> _Source material_
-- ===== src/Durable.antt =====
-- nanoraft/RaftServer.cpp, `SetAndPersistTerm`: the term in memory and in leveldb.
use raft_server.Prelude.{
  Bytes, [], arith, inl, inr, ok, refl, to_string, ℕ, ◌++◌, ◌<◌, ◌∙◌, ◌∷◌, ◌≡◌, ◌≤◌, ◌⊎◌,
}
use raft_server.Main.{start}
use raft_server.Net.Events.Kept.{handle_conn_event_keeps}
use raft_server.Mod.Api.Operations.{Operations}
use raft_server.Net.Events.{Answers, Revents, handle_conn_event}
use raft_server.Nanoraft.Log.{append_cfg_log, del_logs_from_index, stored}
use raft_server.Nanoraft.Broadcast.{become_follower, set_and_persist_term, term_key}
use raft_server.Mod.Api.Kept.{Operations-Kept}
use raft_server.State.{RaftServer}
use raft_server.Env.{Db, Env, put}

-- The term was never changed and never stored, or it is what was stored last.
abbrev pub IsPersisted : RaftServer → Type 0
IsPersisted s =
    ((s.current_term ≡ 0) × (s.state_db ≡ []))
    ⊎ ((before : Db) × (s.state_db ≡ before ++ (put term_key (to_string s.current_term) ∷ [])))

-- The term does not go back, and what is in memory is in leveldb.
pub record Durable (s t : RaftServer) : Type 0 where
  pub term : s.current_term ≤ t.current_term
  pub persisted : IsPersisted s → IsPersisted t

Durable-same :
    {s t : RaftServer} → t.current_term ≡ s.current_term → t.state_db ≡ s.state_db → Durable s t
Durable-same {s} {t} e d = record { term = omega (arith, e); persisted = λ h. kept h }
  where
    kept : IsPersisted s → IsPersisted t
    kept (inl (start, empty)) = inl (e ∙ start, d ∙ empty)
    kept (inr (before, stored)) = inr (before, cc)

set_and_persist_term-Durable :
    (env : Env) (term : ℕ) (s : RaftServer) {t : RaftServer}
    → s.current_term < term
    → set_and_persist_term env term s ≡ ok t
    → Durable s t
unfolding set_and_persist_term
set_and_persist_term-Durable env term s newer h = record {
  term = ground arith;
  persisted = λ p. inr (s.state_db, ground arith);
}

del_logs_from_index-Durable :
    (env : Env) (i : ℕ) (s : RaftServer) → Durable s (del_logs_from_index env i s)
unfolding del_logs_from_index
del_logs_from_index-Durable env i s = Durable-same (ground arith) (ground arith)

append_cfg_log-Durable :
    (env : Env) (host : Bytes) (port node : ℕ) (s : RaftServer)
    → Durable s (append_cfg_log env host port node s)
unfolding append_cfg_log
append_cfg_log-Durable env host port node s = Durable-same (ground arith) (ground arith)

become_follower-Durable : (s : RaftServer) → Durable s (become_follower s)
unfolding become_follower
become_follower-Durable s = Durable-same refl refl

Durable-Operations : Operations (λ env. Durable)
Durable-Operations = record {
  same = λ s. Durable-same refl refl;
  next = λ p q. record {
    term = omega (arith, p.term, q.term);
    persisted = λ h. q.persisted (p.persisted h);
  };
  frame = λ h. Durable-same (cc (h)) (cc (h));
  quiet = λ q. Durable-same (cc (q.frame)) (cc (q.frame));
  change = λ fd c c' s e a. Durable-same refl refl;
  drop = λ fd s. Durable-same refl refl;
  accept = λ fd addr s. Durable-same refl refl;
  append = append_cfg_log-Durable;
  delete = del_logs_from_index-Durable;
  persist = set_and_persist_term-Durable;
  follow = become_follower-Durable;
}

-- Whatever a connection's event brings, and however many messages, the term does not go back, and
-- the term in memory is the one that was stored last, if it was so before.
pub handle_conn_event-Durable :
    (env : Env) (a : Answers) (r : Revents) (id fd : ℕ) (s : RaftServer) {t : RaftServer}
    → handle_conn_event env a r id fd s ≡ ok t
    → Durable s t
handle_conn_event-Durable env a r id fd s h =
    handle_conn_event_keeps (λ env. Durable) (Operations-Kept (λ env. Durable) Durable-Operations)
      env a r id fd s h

> _What you need to do_
Which lines contain "start"? Copy each of them from the listing.

> _Response for this exercise_
use raft_server.Main.{start}
    kept (inl (start, empty)) = inl (e ∙ start, d ∙ empty)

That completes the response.